Avec l’injection de 34 milliards de dollars, sur une année seulement, soitl’équivalent de 20% du PIB, il était inéluctable que les entreprises algériennes subissent les effets pervers d’un tel cataclysme monétaire. D’aucuns diront que ça a réussi au Japon. D’une part, le Japon a perdu une décennie de croissance en raison de la planche à billet, et d’autre part, l’économie rentière de l’Algérie n’est pas l’économie productive du Japon. Malheureusement, dans l’histoire économique, la planche à billet n’a jamais réussi à relancer une économie quelconque, elle n’a fait que produire de l’inflation, surtout dans les économies rentières où les billets imprimés servent à financer le déficit budgétaire et le remboursement de la dette intérieure. Pis, la planche à billet est en train d’enfoncer le dernier clou dans le cercueil de la diversification tant espérée par tout un peuple. Comment ? Eh bien avec l’inflation galopante, le coût des importations se renchérit pour les matières premières, les biens d’équipements, ce qui engendre la hausse de leur coût de production, réduisant ainsi la compétitivité de leurs produits par rapport aux produits étrangers. Autrement dit, la planche à billet empêche le développement, voire juste la survie, d’activités hors hydrocarbures. La faiblesse du dinar implique un manque de diversification, alors il y aura moins de devises, ce quicausera de nouvelles détériorations de la valeur du dinar. Un véritable cercle vicieux ! Conséquence, plusieurs entreprises algériennes sont aujourd’hui handicapées à cause des surcoûts entraînés par la dégringolade du dinar.

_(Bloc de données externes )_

-- ===== src/JumpServer/Reported.antt =====
-- roles/jumpserver/_archive/reconcile.py: what a run that reports no change has done.
use ansible_platform.Prelude.{
  ℕ, ◌+◌, ◌=ℕ◌, String, ◌≡◌, ◌⊎◌, ◌≢◌, inl, inr, refl, Bool-cases, true, false, In, length, arith,
}
use ansible_platform.Prelude.Text.{occurs}
use ansible_platform.Prelude.Substring.{occurs-join}
use ansible_platform.Prelude.Exec.{ok, >>=-eq-ok, Keeps, Keeps-bind}
use ansible_platform.Prelude.Owes.{Owes-bind}
use ansible_platform.JumpServer.{org_root, Server, Config, Run, Script}
use ansible_platform.JumpServer.Steps.{assets_line, changed, verdict, steps, main}
use ansible_platform.JumpServer.Counted.{counting, total, Counts, Balance, ensure_assets-Owes}
use ansible_platform.JumpServer.Uncounted.{
  start, Even, ask-Keeps, append-Keeps, globals-Keeps, builtin_step-Keeps, admin_step-Keeps,
  group_step-Keeps, grant_step-Keeps, counts_step-Keeps, storage_step-Keeps, settings_step-Keeps,
  email_step-Keeps,
}

-- A line of the summary that says `created=True` or `updated=True`, and a counter that is not 0, are reported.
pub changed_reports :
    (j : Server) (s : Run (Server.World j))
    → ((line : String) × In line s.summary
        × ((occurs "created=True" line ≡ true) ⊎ (occurs "updated=True" line ≡ true)))
      ⊎ (total s ≢ 0)
    → changed j s ≡ true
unfolding changed
changed_reports j s (inl (line, m, inl h)) =
    ground (arith, occurs-join "created=True" "\n" s.summary line m h)
changed_reports j s (inl (line, m, inr h)) =
    ground (arith, occurs-join "updated=True" "\n" s.summary line m h)
changed_reports j s (inr h) = ground (arith, h)

module _ (j : Server) where
  Owes-Keeps : {A : Type 0} (m : Script (counting j) A) → Keeps (Even j) m → Balance j 0 0 m
  Owes-Keeps m keeps = record { after = λ s a h e. grind (arith, keeps.after s (grind (arith, h))) }

  assets_line-Keeps : (n : ℕ) → Keeps (Even j) (assets_line (counting j) n)
  unfolding assets_line
  assets_line-Keeps n = Keeps-bind _ _ (globals-Keeps j) λ s. append-Keeps j _

  steps-Owes : (cfg : Config) → Balance j 0 0 (steps (counting j) cfg)
  unfolding steps
  steps-Owes cfg = Owes-bind 0 0 0 _ _ (Owes-Keeps _ (builtin_step-Keeps j cfg.builtin_admin)) λ _.
      Owes-bind 0 0 0 _ _ (Owes-Keeps _ (admin_step-Keeps j cfg.bastion_admin)) λ u.
        Owes-bind 0 0 0 _ _ (Owes-Keeps _ (group_step-Keeps j cfg.bastion_group u)) λ grp.
          Owes-bind 0 0 0 _ _ (Owes-Keeps _ (ask-Keeps j org_root (λ a. refl))) λ root.
            Owes-bind 0 0 0 _ _ (ensure_assets-Owes j root cfg.asset_defaults cfg.assets) λ _.
              Owes-Keeps _ (
                Keeps-bind _ _ (assets_line-Keeps (length cfg.assets)) λ _.
                  Keeps-bind _ _ (grant_step-Keeps j cfg.permission_name grp root) λ _.
                    Keeps-bind _ _ (counts_step-Keeps j) λ _.
                      Keeps-bind _ _ (storage_step-Keeps j cfg.s3 cfg.s3_storage_name) λ _.
                        Keeps-bind _ _ (settings_step-Keeps j cfg.settings)
                          λ _. email_step-Keeps j cfg.email)

  verdict-none :
      (s : Counts j)
      → s.world.1 ≡ total s + 0
      → (verdict (counting j) s).0 ≡ ok false
      → (verdict (counting j) s).1.world.1 ≡ 0
  unfolding verdict
  verdict-none s h e = elim (Bool-cases (total s =ℕ 0)) [
    | inl z ↦ ground (arith, z, h)
    | inr z ↦
        absurd (cc (e, changed_reports (counting j) s (inr (λ k. absurd (ground (arith, z, k))))))
  ]

  -- If a run ends well and does not print RECONCILE_CHANGED, then JumpServer created no host,
  -- changed the port of no protocol that existed, stored no key and deleted no account in it. A
  -- protocol that is created with its port is not counted.
  pub unreported_run :
      (cfg : Config) (w : Server.World j)
      → (main (counting j) cfg (start (w, 0))).0 ≡ ok false
      → (main (counting j) cfg (start (w, 0))).1.world.1 ≡ 0
  unfolding main
  unreported_run cfg w e =
      let (a, p, q) = >>=-eq-ok (steps (counting j) cfg) _ (start (w, 0)) e in
      rw q (verdict-none _ ((steps-Owes cfg).after (start (w, 0)) a refl p) (rw q at e))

En sus de son impact négatif sur la compétitivité, l’inflation produit également un autre effet pernicieux résidant dans l’amplification du risque d’investissement pour les entrepreneurs potentiels. En effet, avec une inflation galopante, la valeur des investissements n’est plus protégée car leur valeur réelle s’érodera avec le temps. Dans un tel contexte d’incertitude et d’insécurité, les entrepreneurs n’ont plus confiance, et rechignent à se projeter à long terme dans le cadre de projets productifs. Cela ne peut que renforcer le caractère rentier de l’économie algérienne la poussant vers davantage de dépendance aux revenus des hydrocarbures.

Somme toute, se tourner vers la planche à billet est une solution de facilité et de désespoir, qui ne fera que reporter les effets de la crise. Il s’agit d’une prime à la rente car elle va détruire les quelques activités hydrocarbures qui survivent en Algérie. Plus que jamais le coût de diversification est devenu rédhibitoire. Il appartient désormais aux autorités algériennes de changer de voie et mettre le cap sur des réformes favorables au développement d’un secteur privé productif qui bien qu’annoncées, sont souvent repoussées aux calendes grecques.

Hicham El Moussaoui, Professeur HDR, Université Sultan Moulay Slimane (Maroc). Le 26 décembre 2018.